> [Exercise]: Among the entries that follow, find every line with the word "base" and copy it.

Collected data
***

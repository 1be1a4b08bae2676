-- ===== src/Provider/Facade.antt =====
-- facade.go: the providers one after the other, until one succeeds.
use exchange_rate_quote_serv.Prelude.{Text, codes, List, [], ◌∷◌, ◌++◌}
use exchange_rate_quote_serv.Errors.{Error, error_text, join_lines, ok, err}
use exchange_rate_quote_serv.Provider.Http.{RatesProvider}

-- `fmt.Errorf("all providers failed: %w", errors.Join(errs...))`
-- `errors.Join` of no errors is `nil`, which the verb prints as below.
unfoldable pub all_failed : List Text → Error
all_failed [] = Error.failure (codes "all providers failed: %!w(<nil>)")
all_failed errs = Error.failure (codes "all providers failed: " ++ join_lines errs)

module _ {S : Type 0} where
  -- The loop, with the texts of the errors so far.
  unfoldable pub facade_from : List Text → List (RatesProvider S) → RatesProvider S
  facade_from errs [] base quote w = (err (all_failed errs), w)
  facade_from errs (p ∷ ps) base quote w =
      let (r, w') = p base quote w in
      elim r [
        | ok rate ↦ (ok rate, w')
        | err e ↦ facade_from (errs ++ error_text e ∷ []) ps base quote w'
      ]

  -- `ExchangeProviderFacade.GetRate`
  unfoldable pub facade_get_rate : List (RatesProvider S) → RatesProvider S
  unfolding facade_from
  facade_get_rate ps = facade_from [] ps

***

> [Solution]:
  facade_from errs [] base quote w = (err (all_failed errs), w)
  facade_from errs (p ∷ ps) base quote w =
      let (r, w') = p base quote w in
        | err e ↦ facade_from (errs ++ error_text e ∷ []) ps base quote w'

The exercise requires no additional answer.